(Stored data)
= Beginning of Section =

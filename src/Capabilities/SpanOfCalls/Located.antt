-- ===== src/Capabilities/SpanOfCalls/Located.antt =====
-- No feature of the live set of `SpanOfCallsMatcher` of capa-x/src/capabilities/dynamic_analysis.rs
-- stays there without a location.
use capa_x.Prelude.{◌≡◌, ◌==◌, true, List, [], ◌∷◌, Bool-cases, inl, inr, length, arith}
use capa_x.SortedSet
use capa_x.SortedSet.{contains, contains-insert}
use capa_x.IndexMap
use capa_x.Address.{Address}
use capa_x.Address.Order.{address_ord, cmp_self}
use capa_x.Features.{Feature, feature_eq}
use capa_x.Engine.FeatureSet.{FeatureSet, insert_many, merge}
use capa_x.Capabilities.SpanOfCalls.{
  is_global, remove_all, kept, forget, forget_all, slide, span_size,
}

abbrev pub HasLocation : List Address → Type 0
HasLocation [] = ⊥
HasLocation (loc ∷ locs) = Unit

-- Every feature of the set has a location.
abbrev pub IsLocated : FeatureSet → Type 0
IsLocated [] = Unit
IsLocated ((feature, locs) ∷ fs) = HasLocation locs × IsLocated fs

abbrev pub AreLocated : List FeatureSet → Type 0
AreLocated [] = Unit
AreLocated (s ∷ sets) = IsLocated s × AreLocated sets

IsLocated-kept :
    (k : Feature) (locs : List Address) (rest : FeatureSet)
    → IsLocated rest
    → IsLocated (kept k locs rest)
IsLocated-kept k [] rest h = h
IsLocated-kept k (l ∷ locs) rest h = (tt, h)

IsLocated-forget :
    (k : Feature) (locs : List Address) (fs : FeatureSet)
    → IsLocated fs
    → IsLocated (forget k locs fs)
unfolding forget
IsLocated-forget k locs [] h = tt
IsLocated-forget k locs ((key, current) ∷ fs) h = elim (Bool-cases (feature_eq key k)) [
  | inl e ↦ rw e (
      IsLocated-kept key (remove_all current locs) (forget k locs fs)
        (IsLocated-forget k locs fs h.1))
  | inr e ↦ rw e (h.0, IsLocated-forget k locs fs h.1)
]

IsLocated-forget_all :
    (fs overflowing : FeatureSet) → IsLocated fs → IsLocated (forget_all fs overflowing)
unfolding forget_all
IsLocated-forget_all fs [] h = h
IsLocated-forget_all fs ((k, locs) ∷ overflowing) h = elim (Bool-cases (is_global locs)) [
  | inl e ↦ rw e (IsLocated-forget_all fs overflowing h)
  | inr e ↦
      rw e (IsLocated-forget_all (forget k locs fs) overflowing (IsLocated-forget k locs fs h))
]

pub IsLocated-slide :
    (sets : List FeatureSet) (fs : FeatureSet) → IsLocated fs → IsLocated (slide sets fs).1
unfolding slide
IsLocated-slide [] fs h = h
IsLocated-slide (s ∷ sets) fs h = elim (Bool-cases (length (s ∷ sets) == span_size)) [
  | inl e ↦ rw e (IsLocated-forget_all fs s h)
  | inr e ↦ rw e h
]

HasLocation-contains : (loc : Address) (s : List Address) → contains loc s ≡ true → HasLocation s
HasLocation-contains loc [] h = cc
HasLocation-contains loc (l ∷ s) h = tt

HasLocation-insert : (loc : Address) (s : List Address) → HasLocation (SortedSet.insert loc s)
HasLocation-insert loc s =
    HasLocation-contains loc (SortedSet.insert loc s)
      (ground (arith, contains-insert loc loc s, cmp_self loc))

HasLocation-extend : (s locs : List Address) → HasLocation s → HasLocation (SortedSet.extend s locs)
HasLocation-extend s [] h = h
HasLocation-extend s (l ∷ locs) h =
    HasLocation-extend (SortedSet.insert l s) locs (HasLocation-insert l s)

IsLocated-insert_many :
    (fs : FeatureSet) (k : Feature) (locs : List Address)
    → HasLocation locs
    → IsLocated fs
    → IsLocated (insert_many fs k locs)
unfolding insert_many IndexMap.entry
IsLocated-insert_many [] k [] some_there h = absurd some_there
IsLocated-insert_many [] k (l ∷ locs) some_there h =
    (HasLocation-extend (SortedSet.insert l []) locs (HasLocation-insert l []), tt)
IsLocated-insert_many ((key, current) ∷ fs) k locs some_there h =
    elim (Bool-cases (feature_eq key k)) [
      | inl e ↦ rw e (HasLocation-extend current locs h.0, h.1)
      | inr e ↦ rw e (h.0, IsLocated-insert_many fs k locs some_there h.1)
    ]

pub IsLocated-merge :
    (fs other : FeatureSet) → IsLocated fs → IsLocated other → IsLocated (merge fs other)
unfolding merge
IsLocated-merge fs [] h k = h
IsLocated-merge fs ((f, locs) ∷ other) h k =
    IsLocated-merge (insert_many fs f locs) other (IsLocated-insert_many fs f locs k.0 h) k.1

= End of Section =

Exactly as written, reproduce the lines of the data above from the first line through the line where "IsLocated ((feature, locs)" appears.

**The completed task:**
filename src/Capabilities/SpanOfCalls/Located.antt
-- ===== src/Capabilities/SpanOfCalls/Located.antt =====
-- No feature of the live set of `SpanOfCallsMatcher` of capa-x/src/capabilities/dynamic_analysis.rs
-- stays there without a location.
use capa_x.Prelude.{◌≡◌, ◌==◌, true, List, [], ◌∷◌, Bool-cases, inl, inr, length, arith}
use capa_x.SortedSet
use capa_x.SortedSet.{contains, contains-insert}
use capa_x.IndexMap
use capa_x.Address.{Address}
use capa_x.Address.Order.{address_ord, cmp_self}
use capa_x.Features.{Feature, feature_eq}
use capa_x.Engine.FeatureSet.{FeatureSet, insert_many, merge}
use capa_x.Capabilities.SpanOfCalls.{
  is_global, remove_all, kept, forget, forget_all, slide, span_size,
}

abbrev pub HasLocation : List Address → Type 0
HasLocation [] = ⊥
HasLocation (loc ∷ locs) = Unit

-- Every feature of the set has a location.
abbrev pub IsLocated : FeatureSet → Type 0
IsLocated [] = Unit
IsLocated ((feature, locs) ∷ fs) = HasLocation locs × IsLocated fs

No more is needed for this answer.